A currently experimental, but potentially promising approach for CMR scar imaging is the use of fibrosis-specific contrast agents [115]. These types of contrast agents enrich the pool of conventional contrast agents with molecular imaging aspects and promise to provide insights into the early-disease stages and steps of scar evolution. For example, EP-3533 is a peptide-based gadolinium probe specific for type I collagen, therefore allows selective imaging of collagen, a main tissue contributor in scar formation [116]. Helm et al. have demonstrated the use of such contrast agent in a mouse model with myocardial infarction in comparison to histology [117]. Annexin-V is a marker expressed in apoptotic cells and has been used as target for noninvasive imaging of apoptosis after myocardial infarction. AnxCLIO-Cy5.5 is an Annexin-V-labeled nanoparticle that has been investigated in a murine model of acute ischemia [118] targeting necrosis and apoptosis. Other groups have demonstrated the use of molecular imaging in combination with CMR to target healing after myocardial infarction [119] and maturation of scar [120]. Molecular imaging targeting other aspects of fibrosis such as matricellular proteins or matrix-degrading enzymes have been developed but mainly linked to other imaging modalities including positron emission tomography or SPECT; however, no CMR-based molecular imaging method for cardiac fibrosis has made the transition from an experimental phase to a clinical tool [121].

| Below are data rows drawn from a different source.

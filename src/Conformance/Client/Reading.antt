-- ===== src/Conformance/Client/Reading.antt =====
-- The loops over Recv of the conformance client, by what a stream delivers.
use easy_rpc_go.Base.{
  ℕ, zero, suc, ◌≤◌, ◌≡◌, refl, ap, arith, List, [], ◌∷◌, Option, none, some, Result, ok, err,
}
use easy_rpc_go.Text.{Bytes, codes}
use easy_rpc_go.Code.{Error}
use easy_rpc_go.Frame.{Gzip}
use easy_rpc_go.Json.{JsonText}
use easy_rpc_go.Client.Stream.{HttpStream, Collected, gather, recv, collect}
use easy_rpc_go.Conformance.Client.{Checked, ◌>>=◌, ◌>>◌, round, read_all}

module _ (gzip : Gzip) (text : JsonText) where
  gather-more :
      (r : Result Error Bytes × HttpStream) (m n : ℕ) (e : Error)
      → ((s : HttpStream)
          → (collect gzip text m s).error ≡ some e
          → collect gzip text n s ≡ collect gzip text m s)
      → (gather r (collect gzip text m)).error ≡ some e
      → gather r (collect gzip text n) ≡ gather r (collect gzip text m)
  gather-more (err x, s) m n e more ends = refl
  gather-more (ok p, s) m n e more ends =
      ap (λ (c : Collected). record c { messages = p ∷ c.messages }) (more s ends)

  -- More rounds than a stream needs change nothing.
  pub collect_more :
      (m n : ℕ) (e : Error) (s : HttpStream)
      → m ≤ n
      → (collect gzip text m s).error ≡ some e
      → collect gzip text n s ≡ collect gzip text m s
  unfolding collect
  collect_more zero n e s enough ends = cc ends
  collect_more (suc m) zero e s enough ends = absurd (omega (arith, enough))
  collect_more (suc m) (suc n) e s enough ends =
      gather-more (recv gzip text s) m n e (λ t. collect_more m n e t (omega arith)) ends

  module _ {I : Type 0} (decode : Bytes → Checked I) (ending : Error → Checked (Unit {0})) where
    -- The loop over what is collected.
    abbrev settle_messages : List Bytes → Option Error → HttpStream → Checked (List I × HttpStream)
    settle_messages [] none s = err (codes "out of fuel")
    settle_messages [] (some e) s = do ending e; ok ([], s)
    settle_messages (p ∷ ps) e s = do
      i ← decode p
      (is, s') ← settle_messages ps e s
      ok (i ∷ is, s')

    abbrev pub settle : Collected → Checked (List I × HttpStream)
    settle c = settle_messages c.messages c.error c.stream

    round-gather :
        (r : Result Error Bytes × HttpStream) (n : ℕ)
        → ((s : HttpStream) → read_all gzip text decode ending n s ≡ settle (collect gzip text n s))
        → round gzip text decode ending r (read_all gzip text decode ending n)
          ≡ settle (gather r (collect gzip text n))
    round-gather (err e, s) n rest = refl
    round-gather (ok p, s) n rest = rw (rest s) refl

    pub read_all-collect :
        (n : ℕ) (s : HttpStream)
        → read_all gzip text decode ending n s ≡ settle (collect gzip text n s)
    unfolding read_all collect
    read_all-collect zero s = refl
    read_all-collect (suc n) s = round-gather (recv gzip text s) n (read_all-collect n)
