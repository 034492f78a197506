-- ===== src/Conformance/Service.antt =====
-- The conformance server as a whole (cmd/conformance-server/main.go: impl, addr, main): the service
-- with its handlers, registered and served. What `Sleep` waits for is a parameter: whether its
-- timer fires before the context ends.
use easy_rpc_go.Base.{Bool, true, List, ◌∷◌, ◌++◌, Option, Result, ok, err, if◌then◌else◌}
use easy_rpc_go.Base.Int.{ℤ, pos}
use easy_rpc_go.Text.{Bytes, codes, is_empty}
use easy_rpc_go.Code.{Error}
use easy_rpc_go.Frame.{Gzip}
use easy_rpc_go.Json.{JsonText}
use easy_rpc_go.Server.Calls.{Context, headers_from_context}
use easy_rpc_go.Server.Adapter.{NetEvent, NetRequest, serve_net_http}
use easy_rpc_go.Stubs.Conformance.{Codecs, ConformanceService, methods, register}
use easy_rpc_go.Conformance

abbrev pub mapped : {A B : Type 0} → (A → B) → Result Error A → Result Error B
mapped f (ok a) = ok (f a)
mapped f (err e) = err e

-- `impl`.
unfoldable pub impl : (Context → ℤ → Bool) → ConformanceService
unfolding headers_from_context Conformance.echo Conformance.count Conformance.fail
    Conformance.stream_fail_handler Conformance.echo_meta Conformance.fail_details
    Conformance.stream_fail_details Conformance.echo_trailer Conformance.count_trailer
    Conformance.sleep Conformance.big_stream
impl timer_first = record {
  health = λ ctx message. (ok (record { is_ok = true; name = codes "conformance" }), ctx.handler);
  echo = λ ctx message. (ok (record { output = Conformance.echo message.input }), ctx.handler);
  count = λ ctx message encode.
      Conformance.count (λ i. encode (record { index = pos i })) message.count;
  fail = λ ctx message.
      (mapped (λ b. record { is_ok = b }) (Conformance.fail message.message), ctx.handler);
  stream_fail = λ ctx message encode.
      Conformance.stream_fail_handler (λ i. encode (record { index = pos i })) message.emit_before
        message.code message.message;
  echo_meta = λ ctx message. (
    ok (record { input = message.input; meta = Conformance.echo_meta (headers_from_context ctx) }),
    ctx.handler,
  );
  big = λ ctx message. (ok (record { size = message.size }), ctx.handler);
  fail_details = λ ctx message. (
    mapped (λ b. record { is_ok = b })
        (Conformance.fail_details message.code message.message message.detail_type
          message.detail_text),
    ctx.handler,
  );
  stream_fail_details = λ ctx message encode.
      Conformance.stream_fail_details (λ i. encode (record { index = pos i })) message.emit_before
        message.code message.message message.detail_type message.detail_text;
  echo_trailer = λ ctx message.
      let (output, hc) = Conformance.echo_trailer message.input ctx.handler in
      (ok (record { output = output }), hc);
  count_trailer = λ ctx message encode.
      Conformance.count_trailer (λ i. encode (record { index = pos i })) message.count;
  echo_bytes = λ ctx message. (ok (record { bytes = message.bytes }), ctx.handler);
  sleep = λ ctx message. (
    mapped (λ b. record { is_ok = b }) (Conformance.sleep (timer_first ctx message.millis)),
    ctx.handler,
  );
  empty = λ ctx message. (ok (record {}), ctx.handler);
  big_stream = λ ctx message encode.
      Conformance.big_stream (λ i. encode (record { index = pos i; size = message.size }))
        message.count;
}

-- `addr`, from the two variables of the environment.
unfoldable pub addr : Bytes → Bytes → Bytes
addr bind port =
    (if is_empty bind then codes "0.0.0.0" else bind)
    ++ (b':' ∷ (if is_empty port then codes "18888" else port))

-- The handler that `main` gives to the server of net/http.
unfoldable pub served :
    (List NetEvent → Option Error)
    → Bool
    → Gzip
    → JsonText
    → Codecs
    → (Context → ℤ → Bool)
    → NetRequest
    → List NetEvent
unfolding serve_net_http register impl
served fails flushes gzip text codecs timer_first =
    serve_net_http fails flushes gzip text methods (register codecs (impl timer_first))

Future outlook and conclusions

Current clinical CMR methods for anatomical and functional imaging of the myocardium in IHD are well established and have proven their diagnostic and prognostic power over the last three decades. Despite these promising applications, most of the traditional methods are unable to provide precise automated quantification of tissue characteristics (myocardial blood flow, severity and extent of edema, viability, IMH, MVO). Therefore, novel quantitative techniques, such as relaxation mapping, strain imaging, and quantitative perfusion are emerging and en route to being integrated into clinical workflow and have the potential to improve diagnostic and prognostic performance of CMR in the future. Potential future applications including machine-learning approaches, use of physiologic stressors, and/or the use of molecular imaging in combination with CMR have to be translated from experimental approaches to clinical applications in the future.